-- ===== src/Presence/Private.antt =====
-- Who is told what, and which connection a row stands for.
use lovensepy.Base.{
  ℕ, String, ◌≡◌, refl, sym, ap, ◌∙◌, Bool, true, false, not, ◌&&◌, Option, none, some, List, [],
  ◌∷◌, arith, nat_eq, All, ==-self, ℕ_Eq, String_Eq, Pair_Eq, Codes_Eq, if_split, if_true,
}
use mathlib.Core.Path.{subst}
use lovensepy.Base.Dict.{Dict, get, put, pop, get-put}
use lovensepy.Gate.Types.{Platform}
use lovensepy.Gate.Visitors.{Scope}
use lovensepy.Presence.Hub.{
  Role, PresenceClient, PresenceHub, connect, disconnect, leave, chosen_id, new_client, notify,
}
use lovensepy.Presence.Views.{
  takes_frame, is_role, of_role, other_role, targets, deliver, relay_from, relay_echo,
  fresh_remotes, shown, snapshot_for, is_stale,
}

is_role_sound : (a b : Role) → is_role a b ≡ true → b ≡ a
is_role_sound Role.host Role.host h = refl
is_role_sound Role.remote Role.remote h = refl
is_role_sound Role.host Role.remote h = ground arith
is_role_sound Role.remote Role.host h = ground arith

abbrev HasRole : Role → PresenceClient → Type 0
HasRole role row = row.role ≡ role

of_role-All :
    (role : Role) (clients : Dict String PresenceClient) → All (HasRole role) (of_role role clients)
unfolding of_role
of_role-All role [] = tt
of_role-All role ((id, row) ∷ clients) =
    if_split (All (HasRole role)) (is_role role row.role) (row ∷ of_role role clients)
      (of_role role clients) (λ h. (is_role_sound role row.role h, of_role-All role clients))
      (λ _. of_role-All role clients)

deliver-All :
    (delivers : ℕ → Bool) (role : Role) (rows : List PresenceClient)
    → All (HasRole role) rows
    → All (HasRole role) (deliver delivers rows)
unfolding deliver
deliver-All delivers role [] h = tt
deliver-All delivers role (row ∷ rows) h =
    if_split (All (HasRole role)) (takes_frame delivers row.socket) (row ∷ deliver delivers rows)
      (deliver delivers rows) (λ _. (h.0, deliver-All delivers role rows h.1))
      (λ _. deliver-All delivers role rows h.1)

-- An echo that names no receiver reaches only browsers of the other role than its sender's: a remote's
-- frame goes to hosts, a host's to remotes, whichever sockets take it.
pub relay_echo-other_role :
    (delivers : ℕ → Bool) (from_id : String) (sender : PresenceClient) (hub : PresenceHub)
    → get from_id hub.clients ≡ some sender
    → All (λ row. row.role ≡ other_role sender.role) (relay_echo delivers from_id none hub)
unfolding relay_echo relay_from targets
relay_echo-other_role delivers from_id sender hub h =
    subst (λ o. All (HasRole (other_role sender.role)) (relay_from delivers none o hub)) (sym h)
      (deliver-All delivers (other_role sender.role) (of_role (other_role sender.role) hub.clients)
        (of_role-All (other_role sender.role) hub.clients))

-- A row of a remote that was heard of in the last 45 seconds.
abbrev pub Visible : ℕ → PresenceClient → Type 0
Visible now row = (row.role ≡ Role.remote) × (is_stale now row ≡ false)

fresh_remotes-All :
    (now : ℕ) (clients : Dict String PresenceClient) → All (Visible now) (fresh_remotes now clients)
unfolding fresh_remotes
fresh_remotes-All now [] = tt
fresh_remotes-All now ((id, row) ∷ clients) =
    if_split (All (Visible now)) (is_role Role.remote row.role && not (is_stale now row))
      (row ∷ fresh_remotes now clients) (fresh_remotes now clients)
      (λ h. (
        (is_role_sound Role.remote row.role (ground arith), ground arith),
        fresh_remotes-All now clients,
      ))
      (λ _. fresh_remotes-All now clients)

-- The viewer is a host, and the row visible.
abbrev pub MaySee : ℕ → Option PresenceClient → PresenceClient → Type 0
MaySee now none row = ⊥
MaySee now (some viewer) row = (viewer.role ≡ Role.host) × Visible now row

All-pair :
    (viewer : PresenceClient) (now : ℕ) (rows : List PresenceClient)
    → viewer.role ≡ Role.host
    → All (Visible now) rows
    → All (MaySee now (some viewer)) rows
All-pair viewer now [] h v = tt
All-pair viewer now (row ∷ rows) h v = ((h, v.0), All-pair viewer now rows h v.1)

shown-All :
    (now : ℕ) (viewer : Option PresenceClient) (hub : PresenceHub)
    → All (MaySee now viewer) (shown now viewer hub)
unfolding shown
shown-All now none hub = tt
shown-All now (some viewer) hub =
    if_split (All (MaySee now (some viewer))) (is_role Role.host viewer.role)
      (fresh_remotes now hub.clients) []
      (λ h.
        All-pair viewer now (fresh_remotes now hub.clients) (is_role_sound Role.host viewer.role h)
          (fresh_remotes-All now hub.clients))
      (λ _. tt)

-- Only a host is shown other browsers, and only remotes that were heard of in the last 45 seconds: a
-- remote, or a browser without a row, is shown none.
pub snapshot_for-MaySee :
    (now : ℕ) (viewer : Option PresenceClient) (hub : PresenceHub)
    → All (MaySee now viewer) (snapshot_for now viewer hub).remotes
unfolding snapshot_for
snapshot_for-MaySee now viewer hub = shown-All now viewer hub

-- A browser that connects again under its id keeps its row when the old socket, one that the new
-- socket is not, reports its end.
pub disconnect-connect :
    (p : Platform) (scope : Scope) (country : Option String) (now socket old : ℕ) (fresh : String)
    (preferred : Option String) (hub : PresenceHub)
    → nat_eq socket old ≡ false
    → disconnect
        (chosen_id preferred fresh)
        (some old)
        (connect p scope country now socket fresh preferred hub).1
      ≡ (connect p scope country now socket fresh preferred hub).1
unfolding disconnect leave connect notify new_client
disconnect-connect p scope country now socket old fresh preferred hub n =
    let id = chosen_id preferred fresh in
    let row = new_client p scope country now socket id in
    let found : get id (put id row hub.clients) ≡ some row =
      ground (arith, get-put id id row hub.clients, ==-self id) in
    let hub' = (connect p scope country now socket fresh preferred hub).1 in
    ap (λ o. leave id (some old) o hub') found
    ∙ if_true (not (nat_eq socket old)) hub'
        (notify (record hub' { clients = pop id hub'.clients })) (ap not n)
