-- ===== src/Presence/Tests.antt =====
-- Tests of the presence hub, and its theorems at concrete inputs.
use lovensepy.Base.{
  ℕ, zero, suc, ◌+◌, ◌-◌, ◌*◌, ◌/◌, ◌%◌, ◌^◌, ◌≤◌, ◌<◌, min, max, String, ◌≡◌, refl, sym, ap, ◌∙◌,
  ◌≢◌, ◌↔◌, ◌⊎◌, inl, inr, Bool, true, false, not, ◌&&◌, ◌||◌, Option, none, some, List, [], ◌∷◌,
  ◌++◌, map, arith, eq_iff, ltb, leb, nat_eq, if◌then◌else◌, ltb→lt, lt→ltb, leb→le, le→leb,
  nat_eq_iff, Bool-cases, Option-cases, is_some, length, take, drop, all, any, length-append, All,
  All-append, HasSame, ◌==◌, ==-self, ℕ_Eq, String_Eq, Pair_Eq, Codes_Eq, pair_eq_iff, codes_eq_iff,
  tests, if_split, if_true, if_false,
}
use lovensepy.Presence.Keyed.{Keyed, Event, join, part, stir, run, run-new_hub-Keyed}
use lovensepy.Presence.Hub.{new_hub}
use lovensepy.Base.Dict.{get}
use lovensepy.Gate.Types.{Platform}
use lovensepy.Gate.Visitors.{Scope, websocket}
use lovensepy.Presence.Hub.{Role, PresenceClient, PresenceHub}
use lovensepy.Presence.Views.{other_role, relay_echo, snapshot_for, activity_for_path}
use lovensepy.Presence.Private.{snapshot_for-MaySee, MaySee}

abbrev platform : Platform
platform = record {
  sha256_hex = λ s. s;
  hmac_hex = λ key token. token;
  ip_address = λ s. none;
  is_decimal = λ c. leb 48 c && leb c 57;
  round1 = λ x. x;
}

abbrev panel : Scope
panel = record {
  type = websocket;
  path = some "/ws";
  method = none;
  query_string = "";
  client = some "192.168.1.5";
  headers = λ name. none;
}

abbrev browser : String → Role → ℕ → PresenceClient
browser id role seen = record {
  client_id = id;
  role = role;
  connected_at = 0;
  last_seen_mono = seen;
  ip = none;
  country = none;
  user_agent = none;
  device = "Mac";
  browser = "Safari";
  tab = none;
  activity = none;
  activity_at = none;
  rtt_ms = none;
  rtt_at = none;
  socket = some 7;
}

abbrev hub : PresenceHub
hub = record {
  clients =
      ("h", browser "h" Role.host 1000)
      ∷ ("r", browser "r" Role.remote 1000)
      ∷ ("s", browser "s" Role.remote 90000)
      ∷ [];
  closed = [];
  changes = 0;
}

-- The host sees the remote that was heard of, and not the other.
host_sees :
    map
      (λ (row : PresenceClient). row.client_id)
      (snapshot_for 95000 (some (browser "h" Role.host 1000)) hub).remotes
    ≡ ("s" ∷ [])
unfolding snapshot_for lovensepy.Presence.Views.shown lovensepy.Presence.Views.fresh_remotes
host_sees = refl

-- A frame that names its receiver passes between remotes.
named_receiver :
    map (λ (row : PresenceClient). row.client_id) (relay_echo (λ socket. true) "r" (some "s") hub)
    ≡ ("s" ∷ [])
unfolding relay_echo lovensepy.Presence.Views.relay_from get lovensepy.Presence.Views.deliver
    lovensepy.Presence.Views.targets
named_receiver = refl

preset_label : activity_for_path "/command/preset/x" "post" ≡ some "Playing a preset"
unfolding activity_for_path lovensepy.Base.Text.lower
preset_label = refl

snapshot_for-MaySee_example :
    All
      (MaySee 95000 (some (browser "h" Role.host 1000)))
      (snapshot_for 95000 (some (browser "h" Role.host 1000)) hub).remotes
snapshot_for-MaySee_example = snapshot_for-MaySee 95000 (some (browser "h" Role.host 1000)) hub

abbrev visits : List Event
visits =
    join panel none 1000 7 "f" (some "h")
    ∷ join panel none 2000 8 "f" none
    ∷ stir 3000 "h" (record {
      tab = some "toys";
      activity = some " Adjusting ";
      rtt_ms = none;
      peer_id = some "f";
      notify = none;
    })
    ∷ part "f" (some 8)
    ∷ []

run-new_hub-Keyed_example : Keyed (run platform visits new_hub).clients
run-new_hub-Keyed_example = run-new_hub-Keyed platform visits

• [Task requirements]: From the records above, extract exactly and only the lines that begin at the line with "abbrev pub Visible" and stop after the line with "fresh_remotes-All now ((id, row)".

• [Response area]:
abbrev pub Visible : ℕ → PresenceClient → Type 0
Visible now row = (row.role ≡ Role.remote) × (is_stale now row ≡ false)

fresh_remotes-All :
    (now : ℕ) (clients : Dict String PresenceClient) → All (Visible now) (fresh_remotes now clients)
unfolding fresh_remotes
fresh_remotes-All now [] = tt
fresh_remotes-All now ((id, row) ∷ clients) =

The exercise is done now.